#### Exercise description:
From the data below, set down exactly the lines between the one holding "get_elem? [] i = none" and the one holding "pub length-append : (xs", inclusive, and no others.

Stored items
════

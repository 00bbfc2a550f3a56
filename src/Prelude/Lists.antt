-- ===== src/Prelude/Lists.antt =====
-- Lists measured and indexed by native numbers, as Go's slices are.
use Prim.Native.Nat.{ℕ, zero, suc, ◌+◌, ◌-◌, ◌<◌, ◌≤◌, min}
use mathlib.Core.Path.{◌≡◌, refl, ap}
use mathlib.Core.List.{List, [], ◌∷◌, ◌++◌}
use mathlib.Core.Option.{Option, none, some}
use native.Mathlib.Omega.{arith}
use wstester.Prelude.Tests.{ltb, ◌==◌, if◌then◌else◌}

module _ {ℓ} {A : Type ℓ} where
  abbrev pub length : List A → ℕ
  length [] = 0
  length (x ∷ xs) = suc (length xs)

  abbrev pub get_elem? : List A → ℕ → Option A
  get_elem? [] i = none
  get_elem? (x ∷ xs) zero = some x
  get_elem? (x ∷ xs) (suc i) = get_elem? xs i

  abbrev pub get_or : List A → ℕ → A → A
  get_or [] i d = d
  get_or (x ∷ xs) zero d = x
  get_or (x ∷ xs) (suc i) d = get_or xs i d

  abbrev pub take : ℕ → List A → List A
  take zero xs = []
  take (suc n) [] = []
  take (suc n) (x ∷ xs) = x ∷ take n xs

  abbrev pub drop : ℕ → List A → List A
  drop zero xs = xs
  drop (suc n) [] = []
  drop (suc n) (x ∷ xs) = drop n xs

module _ {ℓ} {A : Type ℓ} where
  pub get_elem?-eq-get_or :
      (xs : List A) (i : ℕ) (d : A) → i < length xs → get_elem? xs i ≡ some (get_or xs i d)
  get_elem?-eq-get_or [] i d h = absurd (omega arith)
  get_elem?-eq-get_or (x ∷ xs) zero d h = refl
  get_elem?-eq-get_or (x ∷ xs) (suc i) d h = get_elem?-eq-get_or xs i d (omega arith)

  pub length-append : (xs ys : List A) → length (xs ++ ys) ≡ length xs + length ys
  length-append [] ys = omega arith
  length-append (x ∷ xs) ys = omega (arith, length-append xs ys)

  pub length-take : (n : ℕ) (xs : List A) → length (take n xs) ≡ min n (length xs)
  length-take zero xs = omega arith
  length-take (suc n) [] = omega arith
  length-take (suc n) (x ∷ xs) = omega (arith, length-take n xs)

  pub length-drop : (n : ℕ) (xs : List A) → length (drop n xs) ≡ length xs - n
  length-drop zero xs = omega arith
  length-drop (suc n) [] = omega arith
  length-drop (suc n) (x ∷ xs) = omega (arith, length-drop n xs)

  pub take-append-drop : (n : ℕ) (xs : List A) → take n xs ++ drop n xs ≡ xs
  take-append-drop zero xs = refl
  take-append-drop (suc n) [] = refl
  take-append-drop (suc n) (x ∷ xs) = ap (◌∷◌ x) (take-append-drop n xs)

  pub drop-nil : (n : ℕ) → drop {A = A} n [] ≡ []
  drop-nil zero = refl
  drop-nil (suc n) = refl

  pub get_or-drop : (n i : ℕ) (xs : List A) (d : A) → get_or (drop n xs) i d ≡ get_or xs (n + i) d
  get_or-drop zero i xs d = ap (λ k. get_or xs k d) (omega arith)
  get_or-drop (suc n) i [] d = refl
  get_or-drop (suc n) i (x ∷ xs) d = ground (arith, get_or-drop n i xs d)

  -- `append(append(l[:n], a), l[m:]...)`
  abbrev pub splice : ℕ → A → ℕ → List A → List A
  splice n a m xs = take n xs ++ a ∷ drop m xs

  pub get_or-splice :
      (xs : List A) (n : ℕ) (a d : A) (i : ℕ)
      → n ≤ length xs
      → get_or (splice n a n xs) i d
        ≡ (if ltb i n then get_or xs i d else if i == n then a else get_or xs (i - 1) d)
  get_or-splice xs zero a d zero h = refl
  get_or-splice xs zero a d (suc i) h = ground arith
  get_or-splice [] (suc n) a d i h = absurd (omega arith)
  get_or-splice (x ∷ xs) (suc n) a d zero h = ground arith
  get_or-splice (x ∷ xs) (suc n) a d (suc zero) h = ground (arith, get_or-splice xs n a d zero)
  get_or-splice (x ∷ xs) (suc n) a d (suc (suc i)) h =
      ground (arith, get_or-splice xs n a d (suc i))

  pub length-splice :
      (xs : List A) (n : ℕ) (a : A) → n ≤ length xs → length (splice n a n xs) ≡ suc (length xs)
  length-splice xs n a h =
      omega (arith, length-append (take n xs) (a ∷ drop n xs), length-take n xs, length-drop n xs)

  -- `l` without the entry at `n`.
  abbrev pub remove_at : ℕ → List A → List A
  remove_at n xs = take n xs ++ drop (suc n) xs

  pub get_or-remove_at :
      (xs : List A) (n : ℕ) (d : A) (i : ℕ)
      → n < length xs
      → get_or (remove_at n xs) i d ≡ (if ltb i n then get_or xs i d else get_or xs (suc i) d)
  get_or-remove_at [] n d i h = absurd (omega arith)
  get_or-remove_at (x ∷ xs) zero d i h = ground arith
  get_or-remove_at (x ∷ xs) (suc n) d zero h = ground arith
  get_or-remove_at (x ∷ xs) (suc n) d (suc i) h = ground (arith, get_or-remove_at xs n d i)

  pub length-remove_at :
      (xs : List A) (n : ℕ) → n < length xs → suc (length (remove_at n xs)) ≡ length xs
  length-remove_at xs n h =
      omega (
        arith,
        length-append (take n xs) (drop (suc n) xs),
        length-take n xs,
        length-drop (suc n) xs,
      )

════

#### Your response:
  get_elem? [] i = none
  get_elem? (x ∷ xs) zero = some x
  get_elem? (x ∷ xs) (suc i) = get_elem? xs i

  abbrev pub get_or : List A → ℕ → A → A
  get_or [] i d = d
  get_or (x ∷ xs) zero d = x
  get_or (x ∷ xs) (suc i) d = get_or xs i d

  abbrev pub take : ℕ → List A → List A
  take zero xs = []
  take (suc n) [] = []
  take (suc n) (x ∷ xs) = x ∷ take n xs

  abbrev pub drop : ℕ → List A → List A
  drop zero xs = xs
  drop (suc n) [] = []
  drop (suc n) (x ∷ xs) = drop n xs

module _ {ℓ} {A : Type ℓ} where
  pub get_elem?-eq-get_or :
      (xs : List A) (i : ℕ) (d : A) → i < length xs → get_elem? xs i ≡ some (get_or xs i d)
  get_elem?-eq-get_or [] i d h = absurd (omega arith)
  get_elem?-eq-get_or (x ∷ xs) zero d h = refl
  get_elem?-eq-get_or (x ∷ xs) (suc i) d h = get_elem?-eq-get_or xs i d (omega arith)

  pub length-append : (xs ys : List A) → length (xs ++ ys) ≡ length xs + length ys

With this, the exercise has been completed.